For further information regarding Sierra Metals, please visit www.SierraMetals.com.

Forward-Looking Statements

This news release contains “forward-looking information”. Forward-looking information is not based on historical facts, but rather on current expectations and projections about future events, and is therefore subject to risks and uncertainties that could cause actual results to differ materially from the future results expressed or implied by the forward-looking information. Often, but not always, forward-looking information can be identified by the use of forward-looking words such as “plans”, “expects”, “intends” or variations of such words, and phrases or statements that certain actions, events or results “may”, “could”, “should”, “would”, “might” or “will” be taken, occur or be achieved. Forward-looking information contained in this news release includes, but is not limited to, statements relating to expectations relating to the Amalgamation; the timing and completion of the Amalgamation; the Consideration; and the timing for the delisting of the Common Shares from the Toronto Stock Exchange and Amalco filing an application to cease to be a reporting issuer under applicable Canadian securities laws.

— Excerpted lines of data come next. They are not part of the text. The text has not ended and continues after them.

-- ===== src/Term/Motion.antt =====
-- Where the motions of the cursor end, and what they report as damaged.
use mathlib.Core.Path.{subst}
use alacritty_pro.Prelude.{
  ℕ, ◌+◌, ◌-◌, ◌≤◌, ◌<◌, min, ◌≡◌, refl, ◌∙◌, arith, true, false, Option, some, inl, inr,
  if◌then◌else◌, Bool-cases, length,
}
use alacritty_pro.Prelude.Int.{ℤ, pos, negsuc, ◌+ℤ◌, min_ℤ, max_ℤ, sub_ℕ, pos_part, neg_part}
use alacritty_pro.Index.{sub_line, add_line}
use alacritty_pro.Damage.{TermDamageState, damage_point}
use alacritty_pro.Damage.Report
use alacritty_pro.Damage.Report.{Damaged, damage_line_lem}
use alacritty_pro.Term.{
  Term, place, no_wrap, cursor_line, cursor_column, damage_cursor, goto_target, goto, goto_col,
  move_up, move_down,
}

target_row :
    (line : ℤ) (first limit : ℕ)
    → 0 < limit
    → max_ℤ (min_ℤ (line +ℤ pos first) (sub_line (pos limit) 1)) (pos 0)
      ≡ pos (min (first + pos_part line - neg_part line) (limit - 1))
target_row (pos n) first limit h = ground arith
target_row (negsuc n) first limit h = ground arith

module _ {T : Type 0} where
  -- The cursor is on the screen, the damage has an entry for each line of it, and the scrolling
  -- region is a range of its lines that ends below the topmost one.
  pub record IsValid (t : Term T) : Type 0 where
    pub damage : Report.IsValid t.damage
    pub entries : length t.damage.lines ≡ t.grid.lines
    pub row : ℕ
    pub at_row : cursor_line t ≡ pos row
    pub row_in : row < t.grid.lines
    pub column_in : cursor_column t < t.grid.columns
    pub top : ℕ
    pub bottom : ℕ
    pub start : t.scroll_region.start ≡ pos top
    pub end : t.scroll_region.end ≡ pos bottom
    pub ordered : top ≤ bottom
    pub some_line : 0 < bottom
    pub bottom_in : bottom ≤ t.grid.lines

  -- The size of the screen, the saved cursor and the tabs are as before.
  pub record Frame (t out : Term T) : Type 0 where
    pub lines : out.grid.lines ≡ t.grid.lines
    pub columns : out.grid.columns ≡ t.grid.columns
    pub limit : out.grid.max_scroll_limit ≡ t.grid.max_scroll_limit
    pub saved : out.grid.saved_cursor ≡ t.grid.saved_cursor
    pub tabs : out.tabs ≡ t.tabs

  pub Frame-refl : (t : Term T) → Frame t t
  Frame-refl t = record { lines = refl; columns = refl; limit = refl; saved = refl; tabs = refl }

  -- A motion that succeeds and puts the cursor of a valid terminal to `row` and `column`: it clears
  -- the flag of a pending wrap, leaves the rest of the grid, its mode and its region, reports the
  -- cells of the old and of the new position as damaged, and keeps all damage that was there.
  pub record Moved (t : Term T) (v : IsValid t) (row column : ℕ) (m : Option (Term T))
      : Type 0 where
    pub out : Term T
    pub returns : m ≡ some out
    pub valid : IsValid out
    pub at : cursor_line out ≡ pos row
    pub column_at : cursor_column out ≡ column
    pub no_pending : out.grid.cursor.input_needs_wrap ≡ false
    pub same_rows : out.grid.raw ≡ t.grid.raw
    pub same_mode : out.origin_mode ≡ t.origin_mode
    pub same_region : out.scroll_region ≡ t.scroll_region
    pub frame : Frame t out
    pub from : Damaged out.damage v.row (cursor_column t)
    pub to : Damaged out.damage row column
    pub kept : (l c : ℕ) → Damaged t.damage l c → Damaged out.damage l c

  -- The terminal after its damage and its cursor have been replaced.
  abbrev pub moved_to : Term T → TermDamageState → ℕ → ℕ → Term T
  moved_to t d row column =
      no_wrap (place (record t { damage = d }) (record { line = pos row; column = column }))

  pub moved-IsValid :
      (t : Term T) (v : IsValid t) (d : TermDamageState) (row column : ℕ)
      → Report.IsValid d
      → length d.lines ≡ length t.damage.lines
      → row < t.grid.lines
      → column < t.grid.columns
      → IsValid (moved_to t d row column)
  moved-IsValid t v d row column valid same h k = record {
    damage = valid;
    entries = same ∙ v.entries;
    row = row;
    at_row = refl;
    row_in = h;
    column_in = k;
    top = v.top;
    bottom = v.bottom;
    start = v.start;
    end = v.end;
    ordered = v.ordered;
    some_line = v.some_line;
    bottom_in = v.bottom_in;
  }

  -- `goto` on a valid terminal, whatever the line and the column: the cursor ends on the target line,
  -- and at the given column or the last one.
  goto_to :
      (t : Term T) (v : IsValid t) (line : ℤ) (col row : ℕ)
      → goto_target t line ≡ pos row
      → row < t.grid.lines
      → Moved t v row (min col (t.grid.columns - 1)) (goto t line col)
  unfolding goto damage_cursor damage_point goto_target
  goto_to t v line col row target h =
      let column = min col (t.grid.columns - 1) in
      let (d, e, dv, ds, hit, old) =
        damage_line_lem t.damage v.row (cursor_column t) (cursor_column t) v.damage
          (omega (arith, v.entries, v.row_in)) in
      let (d', e', dv', ds', hit', old') =
        damage_line_lem d row column column dv (omega (arith, ds, v.entries)) in
      record {
        out = moved_to t d' row column;
        returns = rw (v.at_row, e, target, e') refl;
        valid = moved-IsValid t v d' row column dv' (ds' ∙ ds) h (omega (arith, v.column_in));
        at = refl;
        column_at = refl;
        no_pending = refl;
        same_rows = refl;
        same_mode = refl;
        same_region = refl;
        frame = record { lines = refl; columns = refl; limit = refl; saved = refl; tabs = refl };
        from = old' v.row (cursor_column t) (hit (cursor_column t) (omega arith) (omega arith));
        to = hit' column (omega arith) (omega arith);
        kept = λ l c k. old' l c (old l c k);
      }

  -- The lines that `goto` counts from and ends before: the screen's, and in origin mode the region's.
  abbrev pub first_row : (t : Term T) → IsValid t → ℕ
  first_row t v = if t.origin_mode then v.top else 0

  abbrev pub row_limit : (t : Term T) → IsValid t → ℕ
  row_limit t v = if t.origin_mode then v.bottom else t.grid.lines

  -- A line counted from the first one, kept inside these lines at the bottom and on the screen at the
  -- top.
  abbrev pub goto_row : (t : Term T) → IsValid t → ℤ → ℕ
  goto_row t v line = min (first_row t v + pos_part line - neg_part line) (row_limit t v - 1)

  goto_target-goto_row :
      (t : Term T) (v : IsValid t) (line : ℤ) → goto_target t line ≡ pos (goto_row t v line)
  unfolding goto_target
  goto_target-goto_row t v line = elim (Bool-cases t.origin_mode) [
    | inl on ↦ rw (on, v.start, v.end) (target_row line v.top v.bottom (omega (arith, v.some_line)))
    | inr off ↦ rw off (target_row line 0 t.grid.lines (omega (arith, v.row_in)))
  ]

  goto_row-bound : (t : Term T) (v : IsValid t) (line : ℤ) → goto_row t v line < t.grid.lines
  goto_row-bound t v line = elim (Bool-cases t.origin_mode) [
    | inl on ↦ rw on (omega (arith, v.some_line, v.bottom_in))
    | inr off ↦ rw off (omega (arith, v.row_in))
  ]

  -- On a valid terminal `goto` succeeds for every line and column and leaves a valid terminal: the
  -- cursor is at the line counted from the top of the screen, or of the region in origin mode, cut
  -- off at its bottom and at the top of the screen, and at the given column or the last one; the old
  -- and the new position are reported as damaged.
  pub goto_lem :
      (t : Term T) (v : IsValid t) (line : ℤ) (col : ℕ)
      → Moved t v (goto_row t v line) (min col (t.grid.columns - 1)) (goto t line col)
  goto_lem t v line col =
      goto_to t v line col (goto_row t v line) (goto_target-goto_row t v line)
        (goto_row-bound t v line)

  column_kept :
      (t : Term T) (v : IsValid t) → min (cursor_column t) (t.grid.columns - 1) ≡ cursor_column t
  column_kept t v = omega (arith, v.column_in)

  -- Without origin mode, moving up and down keeps the column, and stops at the first and at the last
  -- line of the screen.
  pub move_up-move_down :
      (t : Term T) (v : IsValid t) (n : ℕ)
      → t.origin_mode ≡ false
      → Moved t v (v.row - n) (cursor_column t) (move_up t n)
        × Moved t v (min (v.row + n) (t.grid.lines - 1)) (cursor_column t) (move_down t n)
  unfolding move_up move_down
  move_up-move_down t v n off = (
    subst (λ row. Moved t v row (cursor_column t) (move_up t n)) up
        (subst (λ c. Moved t v (goto_row t v (sub_line (cursor_line t) n)) c (move_up t n))
          (column_kept t v) (goto_lem t v (sub_line (cursor_line t) n) (cursor_column t))),
    subst (λ row. Moved t v row (cursor_column t) (move_down t n)) down
        (subst (λ c. Moved t v (goto_row t v (add_line (cursor_line t) n)) c (move_down t n))
          (column_kept t v) (goto_lem t v (add_line (cursor_line t) n) (cursor_column t))),
  )
    where
      up : goto_row t v (sub_line (cursor_line t) n) ≡ v.row - n
      up = rw (off, v.at_row) (above v.row n t.grid.lines v.row_in)
        where
          above :
              (row n lines : ℕ)
              → row < lines
              → min (0 + pos_part (sub_ℕ row n) - neg_part (sub_ℕ row n)) (lines - 1) ≡ row - n
          above row n lines h = ground arith

      down : goto_row t v (add_line (cursor_line t) n) ≡ min (v.row + n) (t.grid.lines - 1)
      down = rw (off, v.at_row) (omega arith)

  -- In origin mode, `goto_col` moves the cursor down as well, by the offset of the region: it counts
  -- the absolute line of the cursor from the top of the region again.
  pub goto_col_origin :
      (t : Term T) (v : IsValid t) (col : ℕ)
      → t.origin_mode ≡ true
      → Moved t v
          (min (v.top + v.row) (v.bottom - 1))
          (min col (t.grid.columns - 1))
          (goto_col t col)
  unfolding goto_col
  goto_col_origin t v col on =
      subst (λ row. Moved t v row (min col (t.grid.columns - 1)) (goto_col t col))
        (rw (on, v.at_row) (omega arith)) (goto_lem t v (cursor_line t) col)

Although Sierra Metals believes that the expectations reflected in such forward-looking information are reasonable, such statements involve risks and uncertainties and have been based on information and assumptions that may prove to be inaccurate, and undue reliance should not be placed on such statements. Certain material factors or assumptions are applied in making forward-looking information and such factors and assumptions are based on information currently available to Sierra Metals, and actual results may differ materially from those expressed or implied in such statements. Important factors that could cause actual results, performance or achievements of Sierra Metals or the completion of the Amalgamation to differ materially from any future results, performance or achievements expressed or implied by such forward-looking information. Forward-looking information in this news release is based on the beliefs and opinions of Sierra Metals at the time the information is given, and there should be no expectation that this forward-looking information will be updated or supplemented as a result of new information, estimates or opinions, future events or results or otherwise, and Sierra Metals expressly disclaims any obligation to do so except as required by applicable law.

Disclaimer

This news release is for informational purposes only and does not constitute an offer to buy or sell, or a solicitation of an offer to buy or sell, any securities. The exchange of the Common Shares referred to herein will be made solely pursuant and subject to the terms and conditions set out in the Amalgamation Agreement.